Роман Жигалов: Человек не может существовать без ощущения своей нужности этому миру
8 июня 2019, 10:29 [«Аргументы Недели», Нина КАТАЕВА ]
Фильм Романа Жигалова «Лес» - триумфатор трех десятков отечественных и международных кинофестивалей, лауреат независимой премии «Парабола», приза «За лучший дебют» на «Окне в Европу». Самый «свежий» Гран-при получен в апреле на онлайн-кинофоруме «Дубль два». На съемки дебюта, в основном, на собственные средства у уроженца архангельских мест ушло почти четыре года.
Сегодня режиссер отвечает на вопросы «Аргументов недели».

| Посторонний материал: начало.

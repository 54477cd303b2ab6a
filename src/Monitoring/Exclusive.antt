-- ===== src/Monitoring/Exclusive.antt =====
-- When two monitors exclude each other.
use invoice_hub.Monitoring.Race.{
  LockFile, Monitor, Phase, QuietStep, Race, created, creating, found_alive, found_none, holding,
  idle, is_own, moved, one, refused, released, stale, two, writing, wrote, QuietRun, done,
  no_monitor, then_step, written_file, create_failed, move_failed, remove_failed, write_failed,
}
use invoice_hub.Prelude.{
  Bool, Option, false, none, not, some, true, ℕ, ◌&&◌, ◌||◌, ◌≡◌, Bool-cases, ap, arith, inl, inr,
  refl, sym, true_false, ◌∙◌,
}

abbrev is_stale : Phase → Bool
is_stale idle = false
is_stale stale = true
is_stale creating = false
is_stale writing = false
is_stale holding = false

abbrev is_busy : Phase → Bool
is_busy idle = false
is_busy stale = false
is_busy creating = false
is_busy writing = true
is_busy holding = true

abbrev created_by : Monitor → Option LockFile → Bool
created_by m none = false
created_by m (some f) = is_own m f.creator

-- No monitor has taken a lock for stale, and one past the creation owns the file.
abbrev safe : Race → Bool
safe s =
    not (is_stale s.phase_one)
    && (not (is_stale s.phase_two)
        && ((not (is_busy s.phase_one) || created_by one s.lock_file)
            && (not (is_busy s.phase_two) || created_by two s.lock_file)))

-- A monitor that leaves the competition: what the other one needs.
left_one : (a b p q : Bool) → not a && (not b && (p && q)) ≡ true → not b && q ≡ true
left_one a b p q h = ground arith

left_two : (a b p q : Bool) → not a && (not b && (p && q)) ≡ true → not a && (p && true) ≡ true
left_two a b p q h = ground arith

-- The first to create the file: the other one is not busy.
first_one :
    (a b x q d : Bool)
    → not a && (not b && (x && (not q || d))) ≡ true
    → d ≡ false
    → not b && (not q || false) ≡ true
first_one a b x q d h e = ground arith

first_two :
    (a b p c y : Bool)
    → not a && (not b && ((not p || c) && y)) ≡ true
    → c ≡ false
    → not a && ((not p || false) && true) ≡ true
first_two a b p c y h e = ground arith

-- The holder writes the file that it created.
held_one :
    (a b p c q d c' d' : Bool)
    → not a && (not b && ((not p || c) && (not q || d))) ≡ true
    → p ≡ true
    → c' ≡ c
    → d' ≡ d
    → not b && (c' && (not q || d')) ≡ true
held_one a b p c q d c' d' h e f g = ground arith

held_two :
    (a b p c q d c' d' : Bool)
    → not a && (not b && ((not p || c) && (not q || d))) ≡ true
    → q ≡ true
    → c' ≡ c
    → d' ≡ d
    → not a && ((not p || c') && d') ≡ true
held_two a b p c q d c' d' h e f g = ground arith

stale_one : (a x : Bool) {A : Type 0} → not a && x ≡ true → a ≡ true → A
stale_one a x h e = true_false (sym (clash a x h e))
  where
    clash : (a x : Bool) → not a && x ≡ true → a ≡ true → false ≡ true
    clash a x h e = ground arith

owner_of : (p c : Bool) → not p || c ≡ true → p ≡ true → c ≡ true
owner_of p c h e = ground arith

parts_of :
    (a b x y : Bool)
    → not a && (not b && (x && y)) ≡ true
    → (not b && true ≡ true) × (x ≡ true) × (y ≡ true)
parts_of a b x y h = (ground arith, ground arith, ground arith)

created_by_one : (file : Option LockFile) → created_by one file ≡ true → created_by two file ≡ false
created_by_one none h = refl
created_by_one (some f) h = own_one f.creator h
  where
    own_one : (c : Option Monitor) → is_own one c ≡ true → is_own two c ≡ false
    own_one none h = refl
    own_one (some one) h = refl
    own_one (some two) h = cc

created_by_two : (file : Option LockFile) → created_by two file ≡ true → created_by one file ≡ false
created_by_two none h = refl
created_by_two (some f) h = own_two f.creator h
  where
    own_two : (c : Option Monitor) → is_own two c ≡ true → is_own one c ≡ false
    own_two none h = refl
    own_two (some one) h = cc
    own_two (some two) h = refl

created_by-written_file :
    (m k : Monitor) (pid : ℕ) (file : Option LockFile)
    → created_by k (written_file m pid file) ≡ created_by k file
created_by-written_file m k pid none = refl
created_by-written_file m k pid (some f) = elim (Bool-cases (is_own m f.creator)) [
  | inl e ↦ rw e
  | inr e ↦ rw e
]

-- One past the creation owns the file.
abbrev own : Monitor → Race → Bool
own one s = not (is_busy s.phase_one) || created_by one s.lock_file
own two s = not (is_busy s.phase_two) || created_by two s.lock_file

safe-QuietStep :
    (pid_of : Monitor → ℕ) (is_alive : ℕ → Bool) (s t : Race)
    → QuietStep pid_of is_alive s t
    → safe s ≡ true
    → safe t ≡ true
safe-QuietStep pid_of is_alive s t (found_none one e f) h =
    left_one (is_stale s.phase_one) (is_stale s.phase_two) (own one s) (own two s) h
safe-QuietStep pid_of is_alive s t (found_none two e f) h =
    left_two (is_stale s.phase_one) (is_stale s.phase_two) (own one s) (own two s) h
safe-QuietStep pid_of is_alive s t (found_alive one f e g a) h =
    left_one (is_stale s.phase_one) (is_stale s.phase_two) (own one s) (own two s) h
safe-QuietStep pid_of is_alive s t (found_alive two f e g a) h =
    left_two (is_stale s.phase_one) (is_stale s.phase_two) (own one s) (own two s) h
safe-QuietStep pid_of is_alive s t (moved one e) h =
    stale_one (is_stale s.phase_one) (not (is_stale s.phase_two) && ((own one s) && (own two s))) h
      (ap is_stale e)
safe-QuietStep pid_of is_alive s t (moved two e) h =
    stale_one (is_stale s.phase_two) true
      (parts_of (is_stale s.phase_one) (is_stale s.phase_two) (own one s) (own two s) h).0
      (ap is_stale e)
safe-QuietStep pid_of is_alive s t (created one e f) h =
    first_one (is_stale s.phase_one) (is_stale s.phase_two) (own one s) (is_busy s.phase_two)
      (created_by two s.lock_file) h (ap (created_by two) f)
safe-QuietStep pid_of is_alive s t (created two e f) h =
    first_two (is_stale s.phase_one) (is_stale s.phase_two) (is_busy s.phase_one)
      (created_by one s.lock_file) (own two s) h (ap (created_by one) f)
safe-QuietStep pid_of is_alive s t (refused one f e g) h =
    left_one (is_stale s.phase_one) (is_stale s.phase_two) (own one s) (own two s) h
safe-QuietStep pid_of is_alive s t (refused two f e g) h =
    left_two (is_stale s.phase_one) (is_stale s.phase_two) (own one s) (own two s) h
safe-QuietStep pid_of is_alive s t (wrote one e) h =
    held_one (is_stale s.phase_one) (is_stale s.phase_two) (is_busy s.phase_one)
      (created_by one s.lock_file) (is_busy s.phase_two) (created_by two s.lock_file)
      (created_by one (written_file one (pid_of one) s.lock_file))
      (created_by two (written_file one (pid_of one) s.lock_file)) h (ap is_busy e)
      (created_by-written_file one one (pid_of one) s.lock_file)
      (created_by-written_file one two (pid_of one) s.lock_file)
safe-QuietStep pid_of is_alive s t (wrote two e) h =
    held_two (is_stale s.phase_one) (is_stale s.phase_two) (is_busy s.phase_one)
      (created_by one s.lock_file) (is_busy s.phase_two) (created_by two s.lock_file)
      (created_by one (written_file two (pid_of two) s.lock_file))
      (created_by two (written_file two (pid_of two) s.lock_file)) h (ap is_busy e)
      (created_by-written_file two one (pid_of two) s.lock_file)
      (created_by-written_file two two (pid_of two) s.lock_file)
safe-QuietStep pid_of is_alive s t (released one e) h =
    first_one (is_stale s.phase_one) (is_stale s.phase_two) (own one s) (is_busy s.phase_two)
      (created_by two s.lock_file) h
      (created_by_one s.lock_file (
        owner_of (is_busy s.phase_one) (created_by one s.lock_file)
          (parts_of (is_stale s.phase_one) (is_stale s.phase_two) (own one s) (own two s) h).1
          (ap is_busy e)))
safe-QuietStep pid_of is_alive s t (released two e) h =
    first_two (is_stale s.phase_one) (is_stale s.phase_two) (is_busy s.phase_one)
      (created_by one s.lock_file) (own two s) h
      (created_by_two s.lock_file (
        owner_of (is_busy s.phase_two) (created_by two s.lock_file)
          (parts_of (is_stale s.phase_one) (is_stale s.phase_two) (own one s) (own two s) h).2
          (ap is_busy e)))
safe-QuietStep pid_of is_alive s t (move_failed one e) h =
    stale_one (is_stale s.phase_one) (not (is_stale s.phase_two) && ((own one s) && (own two s))) h
      (ap is_stale e)
safe-QuietStep pid_of is_alive s t (move_failed two e) h =
    stale_one (is_stale s.phase_two) true
      (parts_of (is_stale s.phase_one) (is_stale s.phase_two) (own one s) (own two s) h).0
      (ap is_stale e)
safe-QuietStep pid_of is_alive s t (create_failed one e) h =
    left_one (is_stale s.phase_one) (is_stale s.phase_two) (own one s) (own two s) h
safe-QuietStep pid_of is_alive s t (create_failed two e) h =
    left_two (is_stale s.phase_one) (is_stale s.phase_two) (own one s) (own two s) h
safe-QuietStep pid_of is_alive s t (write_failed one e) h =
    left_one (is_stale s.phase_one) (is_stale s.phase_two) (own one s) (own two s) h
safe-QuietStep pid_of is_alive s t (write_failed two e) h =
    left_two (is_stale s.phase_one) (is_stale s.phase_two) (own one s) (own two s) h
safe-QuietStep pid_of is_alive s t (remove_failed one e) h =
    left_one (is_stale s.phase_one) (is_stale s.phase_two) (own one s) (own two s) h
safe-QuietStep pid_of is_alive s t (remove_failed two e) h =
    left_two (is_stale s.phase_one) (is_stale s.phase_two) (own one s) (own two s) h

QuietRun-safe :
    (pid_of : Monitor → ℕ) (is_alive : ℕ → Bool) (s t : Race)
    → QuietRun pid_of is_alive s t
    → safe s ≡ true
    → safe t ≡ true
QuietRun-safe pid_of is_alive s t done h = h
QuietRun-safe pid_of is_alive s t (then_step run last) h =
    safe-QuietStep pid_of is_alive _ t last (QuietRun-safe pid_of is_alive s _ run h)

not_both :
    (a b p q : Bool) (file : Option LockFile)
    → not a && (not b && ((not p || created_by one file) && (not q || created_by two file))) ≡ true
    → p ≡ true
    → q ≡ true
    → ⊥
not_both a b p q file h e f =
    let h₁ =
      owner_of p (created_by one file)
        (parts_of a b (not p || created_by one file) (not q || created_by two file) h).1 e in
    let h₂ =
      owner_of q (created_by two file)
        (parts_of a b (not p || created_by one file) (not q || created_by two file) h).2 f in
    true_false (sym h₂ ∙ created_by_one file h₁)

-- Two monitors never hold the lock together in a run from no lock in which neither takes the file of
-- the other for stale, however their steps interleave.
pub QuietRun-excludes :
    (pid_of : Monitor → ℕ) (is_alive : ℕ → Bool) (t : Race)
    → QuietRun pid_of is_alive no_monitor t
    → ¬ ((t.phase_one ≡ holding) × (t.phase_two ≡ holding))
QuietRun-excludes pid_of is_alive t run (e, f) =
    not_both (is_stale t.phase_one) (is_stale t.phase_two) (is_busy t.phase_one)
      (is_busy t.phase_two) t.lock_file (QuietRun-safe pid_of is_alive no_monitor t run refl)
      (ap is_busy e) (ap is_busy f)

- Называя свой фильм «Лес», апеллировали ли вы к пьесе «Лес» великого Островского - аллегории дикости нравов дворян, нравы ваших деревенских жителей, с их шекспировскими страстями, тоже далеки от совершенства?
- Честно скажу, нет, у меня лес, скорее, аллегория нашего общества, с его системой ценностей, в нашей жизни тоже встречаются «чащи», в которых можно заблудиться. Да и человека можно сравнить с деревом, которое растет-растет, а однажды вдруг погибает.
- Критики любят называть современную Россию «пространством вестерна», насколько это понятие применимо к вашей картине?
- К моему фильму это отношения не имеет. А то, что отец и сын, соперничающие из-за женщины, в своей семье существуют параллельно, это нормально. Если в городе детей опекают, то в деревне, они, как правило, предоставлены сами себе. В этой системе отношений, на небольшом северном хуторе, отдаленно стоящем от деревни, и возникает любовный треугольник. 16-летний Данила с детства знает эту женщину, которая старше его, и она ему нравится. Он переживает первое чувство к ней, сам не понимая, что с ним происходит. А отец его просто нуждается в отдушине – не ладится и в семье, и на работе, рейдеры отбирают лесопилку - дело всей его жизни, он и пытается сбежать к Кате.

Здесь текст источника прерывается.